映画の評判は悪い、しかも長い。ならなおさら劇場で観なくてはDVDでは最後まで観てられないと思った。
ヒーローアクション娯楽超大作のくせして魅力に乏しい映画だったが、もっと酷いと思っていたので意外と耐えられた。
ただ、待ちに待ってたワンダーウーマンの出番が思った以上に短かった。
見せ場もほぼない。必然性も感じない。今後のシリーズのための顔見世程度。
あんなに美人なのに、あんな露出度の高いコスチュームでえろい脚して、あー勿体ない!!
スーパーマンがもっと迫害されてると思ったが、割とそーでもなかったので良かったが、バットマンが馬鹿すぎ。スーパーマンよりも明らかにレックス・ルーサーが悪党と分かってるのに、ルーサーを後回しにしてスーパーマン退治って、スーパーマンもルーサー如きに振り回されてるし、そのルーサーもただのボンボンにしか見えず悪の凄みが全然ない。
主要人物だと思ってた女性判事がなんの意味もなさなかったりして、嗚呼やっぱりワンダーウーマンの身体以外観るべきところはなかった。5分くらいしか出てないけどワンダーウーマンが見れたので我慢我慢。

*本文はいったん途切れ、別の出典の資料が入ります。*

-- ===== src/Fleet/Register.antt =====
-- internal/registry/register.go: what may be written into the registry by hand. `split_host_port` is
-- net.SplitHostPort (`none` is its error), `atoi` strconv.Atoi (`none` is its error or a negative
-- number, which the code refuses alike) and `printable` says whether unicode.IsPrint holds of every rune.
-- The labels are in some order of the map.
pub mod Outcome
use f1337_mcp.Prelude.{
  ℕ, zero, suc, ◌+◌, ◌-◌, ◌*◌, ◌/◌, ◌%◌, ◌^◌, ◌≤◌, ◌<◌, ◌≡◌, refl, sym, ap, ◌∙◌, ◌≢◌, ◌↔◌, ◌⊎◌, inl,
  inr, Bool, true, false, not, ◌&&◌, ◌||◌, Option, none, some, List, [], ◌∷◌, ◌++◌, map,
  append_assoc, append-nil, arith, ltb, leb, ◌==◌, if◌then◌else◌, ltb→lt, lt→ltb, ==_iff,
  Bool-cases, Option-cases, is_some, length, get_elem?, get_or, set, take, drop, replicate, any,
  all, All, length-append, length-set, length-replicate, length-take, length-drop, take-append-drop,
  get_or-set_self, get_or-set_ne, Text, codes, eq_text, eq_text_iff, eq_text_refl, has_prefix,
  is_space, trim_left, trim_space, contains_byte, lower_byte,
}
use f1337_mcp.Fleet.Registry.{
  Sandbox, Stored, Access, Answer, done, failed, RegistryError, exists_already, add, get,
}

pub data Rejection : Type 0 where
  name_missing name_too_long name_characters name_handle : Rejection
  address_missing address_url address_split address_host address_host_characters address_port :
      Rejection
  labels_too_many label_key_missing label_key_too_long label_key_characters : Rejection
  label_value_too_long label_value_characters : Rejection

abbrev pub max_name_length : ℕ
max_name_length = 128

abbrev pub max_labels : ℕ
max_labels = 32

abbrev pub max_label_key_length : ℕ
max_label_key_length = 64

abbrev pub max_label_value_length : ℕ
max_label_value_length = 256

-- Not printable ASCII, byte by byte: every byte of a longer rune is above '~'.
abbrev pub is_odd : ℕ → Bool
is_odd c = leb c 32 || ltb 126 c

unfoldable pub check_name : Text → Option Rejection
check_name name =
    if eq_text name []
    then some name_missing
    else if ltb max_name_length (length name)
    then some name_too_long
    else if any is_odd name
    then some name_characters
    else if has_prefix name (codes "sbx_")
    then some name_handle
    else none

-- strings.Contains
unfoldable pub contains_text : Text → Text → Bool
contains_text [] needle = has_prefix [] needle
contains_text (c ∷ s) needle = has_prefix (c ∷ s) needle || contains_text s needle

-- The three bytes of `strings.ContainsAny(host, "/\\ ")`
abbrev pub bad_in_host : ℕ → Bool
bad_in_host c = c == 47 || (c == 92 || c == 32)

check_port : Option ℕ → Option Rejection
check_port none = some address_port
check_port (some n) = if ltb n 1 || ltb 65_535 n then some address_port else none

check_label : Bool → Text → Text → Option Rejection
check_label value_prints key value =
    if eq_text key []
    then some label_key_missing
    else if ltb max_label_key_length (length key)
    then some label_key_too_long
    else if any is_odd key
    then some label_key_characters
    else if ltb max_label_value_length (length value)
    then some label_value_too_long
    else if not value_prints
    then some label_value_characters
    else none

-- The first rejection of the two.
unfoldable pub or_else : Option Rejection → Option Rejection → Option Rejection
or_else (some x) y = some x
or_else none y = y

pub data Registered : Type 0 where
  -- The sandbox, and whether the note is the one for a registration without mTLS.
  registered : Sandbox → Bool → Registered
  rejected : Rejection → Registered
  duplicate : Text → Text → Registered
  registry_failed : RegistryError → Registered

-- What a name that is taken becomes, from the second read.
unfoldable pub taken_by : Sandbox → Answer Sandbox → Registered
taken_by sb (done existing) = duplicate sb.name existing.address
taken_by sb (failed x) = registry_failed exists_already

unfoldable pub concluded :
    Access → Sandbox → Answer (Unit {0}) × Option Stored → Registered × Option Stored
unfolding taken_by
concluded d sb (done _, file) = (registered sb sb.insecure, file)
concluded d sb (failed exists_already, file) = (taken_by sb (get d sb.name file), file)
concluded d sb (failed x, file) = (registry_failed x, file)

unfoldable pub trimmed : Sandbox → Sandbox
trimmed sb = record sb { name = trim_space sb.name; address = trim_space sb.address }

-- `d` answers the write, `d'` the read that follows a name that is taken.
unfoldable pub register_checked :
    Access → Access → ℕ → Sandbox → Option Rejection → Option Stored → Registered × Option Stored
unfolding concluded
register_checked d d' now sb (some x) file = (rejected x, file)
register_checked d d' now sb none file = concluded d' sb (add d now sb file)

module _ (split_host_port : Text → Option (Text × Text)) (atoi : Text → Option ℕ)
    (printable : Text → Bool) where
  check_host : Option (Text × Text) → Option Rejection
  unfolding check_port
  check_host none = some address_split
  check_host (some (host, port)) =
      if eq_text host []
      then some address_host
      else if any bad_in_host host
      then some address_host_characters
      else check_port (atoi port)

  unfoldable pub check_address : Text → Option Rejection
  unfolding check_host contains_text
  check_address address =
      if eq_text address []
      then some address_missing
      else if contains_text address (codes "://")
      then some address_url
      else check_host (split_host_port address)

  check_each : List (Text × Text) → Option Rejection
  unfolding check_label or_else
  check_each [] = none
  check_each ((key, value) ∷ labels) =
      or_else (check_label (printable value) key value) (check_each labels)

  unfoldable pub check_labels : List (Text × Text) → Option Rejection
  unfolding check_each
  check_labels labels =
      if ltb max_labels (length labels) then some labels_too_many else check_each labels

  unfoldable pub check_all : Sandbox → Option Rejection
  unfolding check_name check_address check_labels or_else
  check_all sb =
      or_else (check_name sb.name) (or_else (check_address sb.address) (check_labels sb.labels))

  unfoldable pub register :
      Access → Access → ℕ → Sandbox → Option Stored → Registered × Option Stored
  unfolding register_checked trimmed check_all
  register d d' now given file =
      let sb = trimmed given in register_checked d d' now sb (check_all sb) file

(2016年5月109シネマレイトショー1300円にて鑑賞)

放浪の画家ピロスマニ

2016年05月06日 | ドラマ
1969年 グルジア 87分 ドラマ/伝記/アート
監督/ゲオルギー・シェンゲラーヤ
脚本/エルロム・アフヴレジアニ、ゲオルギー・シェンゲラーヤ
撮影/コンスタンチン・アプリャチン
出演/アフタンジル・ワラジ、アッラ・ミンチン、ニノ・セトゥリーゼ

(95点) 絵画のような画面構成で描くある貧乏画家の半生

グルジアがソビエトだった頃の芸術映画。
同じ家で姉弟のように育った姉を好きになったがフラれて家を出たピロスマニ。
友人と食料品店を始めるが商売に向いてなく廃業、友人とも疎遠に。
途中、縁談も持ち上がるが、ただ食料品目当てに利用されていると悟り破断。
以来、居酒屋などに絵を描いて細々と食っていく放浪生活に。
しかしその大量に描かれた絵を旅の画家が見て感動。
中央画壇に紹介されるが、新聞では素人画家と酷評され、持ち上げられ落とされ、さらに孤独になっていく。
そんな不遇の画家の半生を淡々と美しい画面構成で描いた逸品。


自分の小遣いで映画を観始めるようになった中学生の頃に予告編を観て、なんてつまんなさそうな映画だろうと思い、何故かずっと心に残っていた。
日本初公開時にはキネ旬で外国映画部門4位に選ばれたそうだが、とくにその後この映画のタイトルを聞くことはなかったのだが、なんのタイミングなのか今頃デジタルリマスターでリバイバル。
テジタルでも修正困難だったらしくリマスター版とは思えないくらい変色で映像がチカチカしているが画面構成の美しさには感動を覚える。
ただ87分と言う短さなのに長く感じる映画でもあった。
「100万本のバラの花束」のモデルになった貧乏画家の話らしいが映画ではそのシャンソンは流れることなくそのエピソードも描かれていない。
公開3週目で夕方から一日一回の上映になっていたが客は4~5人にしか入ってなかった。
ピロスマニが知る人ぞ知る、ほとんどの人が知らない画家であるように、この映画もほとんどの人が知らない名画ではある。
でも知ったら意外となんか忘れられない一本になるのかも。


(2016年5月名演小劇場3階にて会員1,000円にて鑑賞)
  同日鑑賞「スポットライト」「スーパーマンVSバットマン」

ズートピア 2D吹き替え版

2016年05月05日 | アニメ
2016年 アメリカ 108分 ファンタジー/ミステリー
監督/バイロン・ハワード 、リッチ・ムーア、ジャレド・ブッシュ
製作総指揮/ジョン・ラセター
声の出演(日本語吹替版)
   上戸彩、森川智之、三宅健太、高橋茂雄(サバンナ)、玄田哲章、竹内順子

(90点)今年度ベストワン級の傑作。でも子供向けか? 80年代の刑事コンビアクション

草食動物も肉食動物も一緒に暮らす世界で、ウサギ初の刑事となったヒロインが都会でキツネの詐欺師とともに巨大な事件に巻き込まれつつ成長していくデズニーアニメ最新作。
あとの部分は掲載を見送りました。